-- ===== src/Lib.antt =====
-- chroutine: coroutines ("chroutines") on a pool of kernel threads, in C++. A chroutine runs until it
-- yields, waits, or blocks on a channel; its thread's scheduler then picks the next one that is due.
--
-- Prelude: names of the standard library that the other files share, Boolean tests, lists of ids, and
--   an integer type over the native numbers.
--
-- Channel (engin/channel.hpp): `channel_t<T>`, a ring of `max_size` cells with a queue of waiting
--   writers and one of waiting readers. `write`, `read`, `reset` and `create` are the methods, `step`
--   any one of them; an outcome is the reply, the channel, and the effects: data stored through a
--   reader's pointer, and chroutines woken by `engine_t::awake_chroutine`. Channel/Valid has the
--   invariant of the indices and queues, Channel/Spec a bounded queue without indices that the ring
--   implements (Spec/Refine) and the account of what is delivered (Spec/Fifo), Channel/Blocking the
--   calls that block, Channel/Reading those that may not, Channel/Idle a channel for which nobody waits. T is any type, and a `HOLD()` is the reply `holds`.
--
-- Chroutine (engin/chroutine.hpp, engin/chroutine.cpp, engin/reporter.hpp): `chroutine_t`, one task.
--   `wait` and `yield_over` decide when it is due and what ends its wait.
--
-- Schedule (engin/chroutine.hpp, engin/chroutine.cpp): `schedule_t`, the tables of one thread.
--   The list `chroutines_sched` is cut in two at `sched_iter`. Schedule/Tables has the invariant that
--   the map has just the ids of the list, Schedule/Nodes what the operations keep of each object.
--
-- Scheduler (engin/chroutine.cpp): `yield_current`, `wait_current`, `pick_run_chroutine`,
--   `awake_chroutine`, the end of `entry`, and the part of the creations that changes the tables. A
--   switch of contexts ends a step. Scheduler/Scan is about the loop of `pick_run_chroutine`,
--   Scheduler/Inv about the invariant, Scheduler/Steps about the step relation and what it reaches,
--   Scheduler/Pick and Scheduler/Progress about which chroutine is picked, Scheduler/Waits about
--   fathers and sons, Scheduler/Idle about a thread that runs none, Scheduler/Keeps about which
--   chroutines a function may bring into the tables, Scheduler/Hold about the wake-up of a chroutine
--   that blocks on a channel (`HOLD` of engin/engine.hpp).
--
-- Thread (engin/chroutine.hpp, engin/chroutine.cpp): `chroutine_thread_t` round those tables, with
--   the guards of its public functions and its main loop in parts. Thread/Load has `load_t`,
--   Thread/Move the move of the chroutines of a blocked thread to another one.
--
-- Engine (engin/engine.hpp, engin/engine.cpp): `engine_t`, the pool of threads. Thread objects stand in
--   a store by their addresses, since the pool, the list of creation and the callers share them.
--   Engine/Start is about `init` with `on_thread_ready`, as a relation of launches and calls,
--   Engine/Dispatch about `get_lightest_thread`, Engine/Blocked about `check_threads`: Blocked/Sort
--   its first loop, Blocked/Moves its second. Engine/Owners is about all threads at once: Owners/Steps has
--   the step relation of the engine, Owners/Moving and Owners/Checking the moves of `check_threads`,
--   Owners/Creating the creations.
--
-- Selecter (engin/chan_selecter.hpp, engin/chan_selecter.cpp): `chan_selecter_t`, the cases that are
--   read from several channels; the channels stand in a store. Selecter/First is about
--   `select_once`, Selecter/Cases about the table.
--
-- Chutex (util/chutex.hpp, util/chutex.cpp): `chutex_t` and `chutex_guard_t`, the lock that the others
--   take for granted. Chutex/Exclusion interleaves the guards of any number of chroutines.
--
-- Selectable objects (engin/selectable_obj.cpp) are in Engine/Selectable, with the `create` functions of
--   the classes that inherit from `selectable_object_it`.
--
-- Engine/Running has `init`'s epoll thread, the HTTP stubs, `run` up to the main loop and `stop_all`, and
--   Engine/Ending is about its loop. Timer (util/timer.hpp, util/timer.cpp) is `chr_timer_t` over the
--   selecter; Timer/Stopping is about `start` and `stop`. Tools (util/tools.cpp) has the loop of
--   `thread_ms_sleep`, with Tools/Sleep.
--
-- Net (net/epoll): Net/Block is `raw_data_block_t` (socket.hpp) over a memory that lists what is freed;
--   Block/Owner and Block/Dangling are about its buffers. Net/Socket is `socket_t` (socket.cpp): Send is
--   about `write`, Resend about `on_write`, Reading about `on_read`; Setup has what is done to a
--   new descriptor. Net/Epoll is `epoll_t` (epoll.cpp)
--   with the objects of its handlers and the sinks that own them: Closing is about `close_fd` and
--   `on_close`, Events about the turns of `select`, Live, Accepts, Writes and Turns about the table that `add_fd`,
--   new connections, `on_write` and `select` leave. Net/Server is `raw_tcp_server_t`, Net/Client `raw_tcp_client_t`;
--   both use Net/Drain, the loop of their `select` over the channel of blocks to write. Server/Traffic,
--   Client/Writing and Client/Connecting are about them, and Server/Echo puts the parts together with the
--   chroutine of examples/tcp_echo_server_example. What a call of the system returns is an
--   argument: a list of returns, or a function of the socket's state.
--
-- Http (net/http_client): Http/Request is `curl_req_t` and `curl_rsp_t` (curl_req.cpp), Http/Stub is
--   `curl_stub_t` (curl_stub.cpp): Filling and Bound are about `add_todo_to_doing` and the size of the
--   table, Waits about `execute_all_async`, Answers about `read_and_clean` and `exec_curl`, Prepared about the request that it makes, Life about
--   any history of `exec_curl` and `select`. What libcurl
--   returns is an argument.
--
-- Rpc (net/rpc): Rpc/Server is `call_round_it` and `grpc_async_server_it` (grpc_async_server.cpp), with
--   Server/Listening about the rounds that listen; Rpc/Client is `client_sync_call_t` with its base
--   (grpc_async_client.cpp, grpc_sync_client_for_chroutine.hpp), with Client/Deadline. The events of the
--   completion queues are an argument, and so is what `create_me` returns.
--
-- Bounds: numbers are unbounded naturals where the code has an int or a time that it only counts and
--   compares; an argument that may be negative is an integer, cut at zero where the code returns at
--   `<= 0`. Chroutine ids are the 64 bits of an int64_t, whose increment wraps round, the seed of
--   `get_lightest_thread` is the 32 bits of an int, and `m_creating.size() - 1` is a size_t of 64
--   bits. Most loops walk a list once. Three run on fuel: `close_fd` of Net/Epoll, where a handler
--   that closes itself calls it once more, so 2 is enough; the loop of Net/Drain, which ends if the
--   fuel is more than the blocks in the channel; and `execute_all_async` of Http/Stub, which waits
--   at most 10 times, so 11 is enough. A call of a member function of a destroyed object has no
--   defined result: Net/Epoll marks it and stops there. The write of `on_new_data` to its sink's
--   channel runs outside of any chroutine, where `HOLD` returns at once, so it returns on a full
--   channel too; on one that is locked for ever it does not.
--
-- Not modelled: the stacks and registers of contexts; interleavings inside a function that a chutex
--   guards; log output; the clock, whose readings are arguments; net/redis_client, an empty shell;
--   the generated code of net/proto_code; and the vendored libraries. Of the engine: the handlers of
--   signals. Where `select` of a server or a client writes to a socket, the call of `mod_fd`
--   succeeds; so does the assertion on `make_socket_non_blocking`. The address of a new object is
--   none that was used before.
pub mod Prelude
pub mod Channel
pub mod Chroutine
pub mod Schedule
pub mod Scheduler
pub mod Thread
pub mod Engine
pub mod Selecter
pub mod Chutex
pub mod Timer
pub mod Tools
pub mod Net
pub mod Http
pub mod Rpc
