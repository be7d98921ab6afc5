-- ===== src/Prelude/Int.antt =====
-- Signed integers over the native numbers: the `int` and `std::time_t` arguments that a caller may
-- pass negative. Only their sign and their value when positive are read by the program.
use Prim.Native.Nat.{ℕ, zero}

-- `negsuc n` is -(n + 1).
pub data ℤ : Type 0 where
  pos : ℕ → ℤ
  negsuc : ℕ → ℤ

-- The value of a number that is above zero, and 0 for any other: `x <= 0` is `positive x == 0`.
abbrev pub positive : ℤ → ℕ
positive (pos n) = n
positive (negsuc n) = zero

- [Task to complete]:
Take the line holding "abbrev pub positive : ℤ → ℕ" and the lines after it through the end of the entries. Retype them exactly and add nothing.

- [Response]:
abbrev pub positive : ℤ → ℕ
positive (pos n) = n
positive (negsuc n) = zero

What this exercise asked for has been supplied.